#### Data extracts:
-- Opening Marker --
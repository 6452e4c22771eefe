-- ===== src/Auth/PlatformConfig/Pinned.antt =====
-- What an accepted platform configuration pins.
use miakapp_server.Prelude.{
  ◌≤◌, ◌≡◌, refl, ap, subst, ◌∙◌, ◌⊎◌, inl, inr, true, false, not, ◌||◌, none, some, [], arith, ltb,
  Bool-cases, Option-cases, nat_eq, length,
}
use miakapp_server.Text.{Text, codes, text_beq, text_eq, text_beq_iff, has_suffix}
use miakapp_server.Auth.PlatformConfig.{
  PlatformConfig, Url, UrlParser, UrlError, Parsed, accepted_url, refused_url, url_failure,
  canonical_url, audience_failure, jwks_failure, validate_platform,
}

-- A URL that parses, is its own canonical text, and has the scheme and nothing but an origin and a
-- path.
pub record IsCanonical (parser : UrlParser) (raw scheme : Text) (url : Url) : Type 0 where
  pub parses : parser.parse raw ≡ some url
  pub same_text : url.text ≡ raw
  pub same_scheme : url.scheme ≡ scheme
  pub bare : (url.has_user ≡ false) × (url.raw_query ≡ []) × (url.fragment ≡ [])
  pub bounded : length raw ≤ 2_048

-- The keys come from the issuer's own origin, over HTTPS, and the relay is a WSS endpoint.
pub record IsPinned (parser : UrlParser) (config : PlatformConfig) : Type 0 where
  pub issuer : Url
  pub jwks : Url
  pub relay : Url
  pub issuer_canonical : IsCanonical parser config.issuer (codes "https") issuer
  pub jwks_canonical : IsCanonical parser config.jwks_url (codes "https") jwks
  pub relay_canonical : IsCanonical parser config.relay_audience (codes "wss") relay
  pub no_path : issuer.path ≡ []
  pub key_path : jwks.path ≡ codes "/.well-known/jwks.json"
  pub one_origin : (issuer.scheme ≡ jwks.scheme) × (issuer.host ≡ jwks.host)
  pub relay_path : has_suffix relay.path (codes "/ws") ≡ true

Parsed-cases :
    (p : Parsed) → ((e : UrlError) × (p ≡ refused_url e)) ⊎ ((u : Url) × (p ≡ accepted_url u))
Parsed-cases (refused_url e) = inl (e, refl)
Parsed-cases (accepted_url u) = inr (u, refl)

url_failure_parts :
    (raw scheme : Text) (url : Url)
    → url_failure raw scheme true url ≡ none
    → (url.text ≡ raw)
      × (url.scheme ≡ scheme)
      × (url.has_user ≡ false)
      × (url.raw_query ≡ [])
      × (url.fragment ≡ [])
unfolding url_failure
url_failure_parts raw scheme url h = ground (
  arith,
  text_beq_iff url.text raw,
  text_beq_iff url.scheme scheme,
  text_beq_iff url.raw_query [],
  text_beq_iff url.fragment [],
)

module _ (parser : UrlParser) where
  canonical_url-IsCanonical :
      (raw scheme : Text) (url : Url)
      → canonical_url parser raw scheme true ≡ accepted_url url
      → IsCanonical parser raw scheme url
  unfolding canonical_url
  canonical_url-IsCanonical raw scheme url h =
      elim (Bool-cases
        (text_beq raw [] || not (text_beq (parser.trim_space raw) raw) || ltb 2_048 (length raw))) [
          | inl b ↦ absurd (ground (arith, b, h))
          | inr b ↦ elim (Option-cases (parser.parse raw)) [
            | inl e ↦ absurd (ground (arith, b, e, h))
            | inr (found, e) ↦ elim (Option-cases (url_failure raw scheme true found)) [
              | inr (failure, f) ↦ absurd (ground (arith, b, e, f, h))
              | inl f ↦
                  let same : found ≡ url = ground (arith, b, e, f, h) in
                  let p =
                    url_failure_parts raw scheme url
                      (subst (λ u. url_failure raw scheme true u ≡ none) same f) in
                  record {
                    parses = e ∙ ap some same;
                    same_text = p.0;
                    same_scheme = p.1;
                    bare = (p.2, p.3, p.4);
                    bounded = ground (arith, b);
                  }
            ]
          ]
        ]

  -- A platform configuration that is accepted takes its keys from the issuer's own HTTPS origin, at
  -- the well-known path, and names a WSS endpoint as the relay; its three URLs are canonical.
  pub validate_platform-IsPinned :
      (config : PlatformConfig) → validate_platform parser config ≡ none → IsPinned parser config
  unfolding validate_platform jwks_failure audience_failure
  validate_platform-IsPinned config h =
      elim (Parsed-cases (canonical_url parser config.issuer (codes "https") true)) [
        | inl (e, f) ↦ absurd (ground (arith, f, h))
        | inr (issuer, f) ↦
            elim (Parsed-cases (canonical_url parser config.jwks_url (codes "https") true)) [
              | inl (e, g) ↦ absurd (ground (arith, f, g, h))
              | inr (jwks, g) ↦
                  elim (Parsed-cases
                    (canonical_url parser config.relay_audience (codes "wss") true)) [
                      | inl (e, k) ↦ absurd (ground (arith, f, g, k, h))
                      | inr (relay, k) ↦ record {
                        issuer = issuer;
                        jwks = jwks;
                        relay = relay;
                        issuer_canonical =
                            canonical_url-IsCanonical config.issuer (codes "https") issuer f;
                        jwks_canonical =
                            canonical_url-IsCanonical config.jwks_url (codes "https") jwks g;
                        relay_canonical =
                            canonical_url-IsCanonical config.relay_audience (codes "wss") relay k;
                        no_path = ground (arith, f, g, k, h, text_beq_iff issuer.path []);
                        key_path = ground (
                          arith,
                          f,
                          g,
                          k,
                          h,
                          text_beq_iff jwks.path (codes "/.well-known/jwks.json"),
                        );
                        one_origin = (
                          ground (arith, f, g, k, h, text_beq_iff issuer.scheme jwks.scheme),
                          ground (arith, f, g, k, h, text_beq_iff issuer.host jwks.host),
                        );
                        relay_path = ground (arith, f, g, k, h);
                      }
                    ]
            ]
      ]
-- Closing Marker --
#### What you are asked to do:
A copy of each line in the data above that holds the string "PlatformConfig" is needed.

#### Reply to the exercise:
-- ===== src/Auth/PlatformConfig/Pinned.antt =====
use miakapp_server.Auth.PlatformConfig.{
  PlatformConfig, Url, UrlParser, UrlError, Parsed, accepted_url, refused_url, url_failure,
pub record IsPinned (parser : UrlParser) (config : PlatformConfig) : Type 0 where
      (config : PlatformConfig) → validate_platform parser config ≡ none → IsPinned parser config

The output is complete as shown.